What's concerning is that many students said they found out later that they had done risky things during their blackout. Some of them vandalized property, drove a car, had sex, or engaged in other dangerous behaviors without even remembering it. This shows how serious blackouts can be and why it's essential to be responsible when it comes to alcohol to avoid such situations.
Let's discuss marijuana and its effects on the brain. According to a study in The New England Journal of Medicine, our brains continue to develop actively until around the age of 21. During these growing years, the brain is more sensitive to the long-term effects of THC, which is the main active ingredient in marijuana. So, it's important to be cautious about using marijuana during this critical period of brain development.
Let's look at how marijuana can affect the brain, especially during adolescence.

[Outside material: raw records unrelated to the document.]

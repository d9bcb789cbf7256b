-- ===== src/WebSocketFrameFilter/Frames.antt =====
-- src/chaos/WebSocketFrameFilter.ts: whole frames in a stream, and which of them pass.
use Prim.Native.Nat.{bit_xor, ℕ, ◌<◌, suc}
use pulse_distributed_real_t.WebSocketFrameFilter.{
  Buffer, Bool, Option, ◌++◌, unmask, subarray, drop, byte_at, max_safe_integer,
}
use pulse_distributed_real_t.WebSocketFrameFilter.Encoding.{
  bit, indicator, length_bytes, bit_xor_twice,
}
use pulse_distributed_real_t.Prelude.{
  Bool, ℕ, Option, ◌<◌, ◌+◌, ◌++◌, drop, some, All, ◌∷◌, [], length, ◌*◌, is_some, ◌≡◌, ◌≤◌, ◌%◌,
  none, arith, drop-length-append, ap, suc, refl, ◌∙◌, take, length-append, sym, ◌-◌,
  take-length-append, append_assoc,
}
use mathlib.Core.Option.{none}

-- A frame as a client or a server means it; a masking key has four bytes.
pub record Frame : Type 0 where
  pub fin : Bool
  pub rsv : ℕ
  pub opcode : ℕ
  pub mask_key : Option (ℕ × ℕ × ℕ × ℕ)
  pub payload : Buffer

abbrev pub IsByte : ℕ → Type 0
IsByte x = x < 256

abbrev pub IsKey : Option (ℕ × ℕ × ℕ × ℕ) → Type 0
IsKey none = Unit
IsKey (some (a, b, c, d)) = IsByte a × IsByte b × IsByte c × IsByte d

pub record IsFrame (x : Frame) : Type 0 where
  pub rsv : x.rsv < 8
  pub opcode : x.opcode < 16
  pub key : IsKey x.mask_key
  pub payload : All IsByte x.payload
  pub bounded : length x.payload ≤ max_safe_integer

-- The four bytes of the key take turns.
unfoldable pub mask_by : ℕ → ℕ → ℕ → ℕ → Buffer → Buffer
mask_by a b c d [] = []
mask_by a b c d (x ∷ xs) = bit_xor x a ∷ mask_by b c d a xs

unfoldable pub key_bytes : Option (ℕ × ℕ × ℕ × ℕ) → Buffer
key_bytes none = []
key_bytes (some (a, b, c, d)) = a ∷ b ∷ c ∷ d ∷ []

unfoldable pub body : Option (ℕ × ℕ × ℕ × ℕ) → Buffer → Buffer
unfolding mask_by
body none payload = payload
body (some (a, b, c, d)) payload = mask_by a b c d payload

abbrev pub first_byte : Frame → ℕ
first_byte x = bit x.fin + x.rsv * 16 + x.opcode

unfoldable pub second_byte : Frame → ℕ
unfolding indicator
second_byte x = bit (is_some x.mask_key) + indicator (length x.payload)

unfoldable pub head : Frame → Buffer
unfolding second_byte length_bytes
head x = first_byte x ∷ second_byte x ∷ length_bytes (length x.payload)

unfoldable pub encode : Frame → Buffer
unfolding head key_bytes body
encode x = head x ++ (key_bytes x.mask_key ++ body x.mask_key x.payload)

length-mask_by : (a b c d : ℕ) (xs : Buffer) → length (mask_by a b c d xs) ≡ length xs
unfolding mask_by
length-mask_by a b c d [] = refl
length-mask_by a b c d (x ∷ xs) = omega (arith, length-mask_by b c d a xs)

pub length-body : (k : Option (ℕ × ℕ × ℕ × ℕ)) (xs : Buffer) → length (body k xs) ≡ length xs
unfolding body
length-body none xs = refl
length-body (some (a, b, c, d)) xs = length-mask_by a b c d xs

-- Where the key has `a`, `b`, `c`, `d` from the index `i` on, in turn, the mask comes off.
pub unmask-mask_by :
    (key : Buffer) (i a b c d : ℕ) (xs : Buffer)
    → (byte_at key (i % 4) ≡ a)
      × (byte_at key ((i + 1) % 4) ≡ b)
      × (byte_at key ((i + 2) % 4) ≡ c)
      × (byte_at key ((i + 3) % 4) ≡ d)
    → IsKey (some (a, b, c, d))
    → All IsByte xs
    → unmask key i (mask_by a b c d xs) ≡ xs
unfolding mask_by unmask
unmask-mask_by key i a b c d [] e h k = refl
unmask-mask_by key i a b c d (x ∷ xs) (e, f, g, u) (ha, hb, hc, hd) (hx, hxs) =
    let next =
      unmask-mask_by key (suc i) b c d a xs
        (
          ap (λ j. byte_at key (j % 4)) {x = suc i} {y = i + 1} (omega arith) ∙ f,
          ap (λ j. byte_at key (j % 4)) {x = suc i + 1} {y = i + 2} (omega arith) ∙ g,
          ap (λ j. byte_at key (j % 4)) {x = suc i + 2} {y = i + 3} (omega arith) ∙ u,
          ap (byte_at key) {x = (suc i + 3) % 4} {y = i % 4} (omega arith) ∙ e,
        )
        (hb, hc, hd, ha) hxs in
    rw (e) (rw next (rw (bit_xor_twice x a hx ha) refl))

-- A buffer cut where its parts meet.
module _ (front middle rest : Buffer) where
  pub subarray-middle :
      subarray (front ++ (middle ++ rest)) (length front) (length front + length middle) ≡ middle
  unfolding subarray
  subarray-middle = rw (drop-length-append front (middle ++ rest)) (
      ap (λ n. take n (middle ++ rest)) {x = length front + length middle - length front}
        {y = length middle} (omega arith)
      ∙ take-length-append middle rest)

  pub subarray-front :
      subarray (front ++ (middle ++ rest)) 0 (length front + length middle) ≡ front ++ middle
  unfolding subarray
  subarray-front =
      ap (λ n. take n (front ++ (middle ++ rest))) {x = length front + length middle - 0}
        {y = length (front ++ middle)} (omega (arith, length-append front middle))
      ∙ ap (take (length (front ++ middle))) (sym (append_assoc front middle rest))
      ∙ take-length-append (front ++ middle) rest

  pub drop-front : drop (length front + length middle) (front ++ (middle ++ rest)) ≡ rest
  drop-front =
      ap (λ n. drop n (front ++ (middle ++ rest))) {x = length front + length middle}
        {y = length (front ++ middle)} (omega (arith, length-append front middle))
      ∙ ap (drop (length (front ++ middle))) (sym (append_assoc front middle rest))
      ∙ drop-length-append (front ++ middle) rest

Adults who used marijuana regularly during their teenage years might have "fewer fibers" in certain brain areas compared to those who didn't use it. This decrease in fibers could lead to a significant decline in IQ. However, research shows that the frequency and severity of marijuana use, especially when starting at a younger age, play a significant role in these effects.
The good news is that many of these cognitive effects can improve with longer-term abstinence from marijuana. Similar conclusions were reached by The American Medical Association in their study. So, it's crucial to be aware of the potential impact of marijuana on the developing brain, especially during adolescence.
So, which is less dangerous, marijuana or alcohol? To be honest, there's not enough definite proof to say that cannabis is entirely safe for long-term human use. However, many studies show that alcohol can be very dangerous if not consumed responsibly. When it comes to marijuana, current research hasn't found anything that clearly says it's unsafe. So, we can't say a definite yes, but we can't say it's not safe either.
Considering the dangers of alcohol abuse, like dependence, overconsumption leading to regrettable situations, and its effects on the body, it seems that marijuana is, in fact, safer than alcohol. Many people who have tried both would probably agree with that statement. While being high, people might do things like eating too much, but it's less likely to lead to harmful consequences compared to excessive alcohol use.
As our country legalizes marijuana more, there will be more and better studies conducted to understand its effects. For now, the key is to consume anything responsibly and safely, whatever you choose.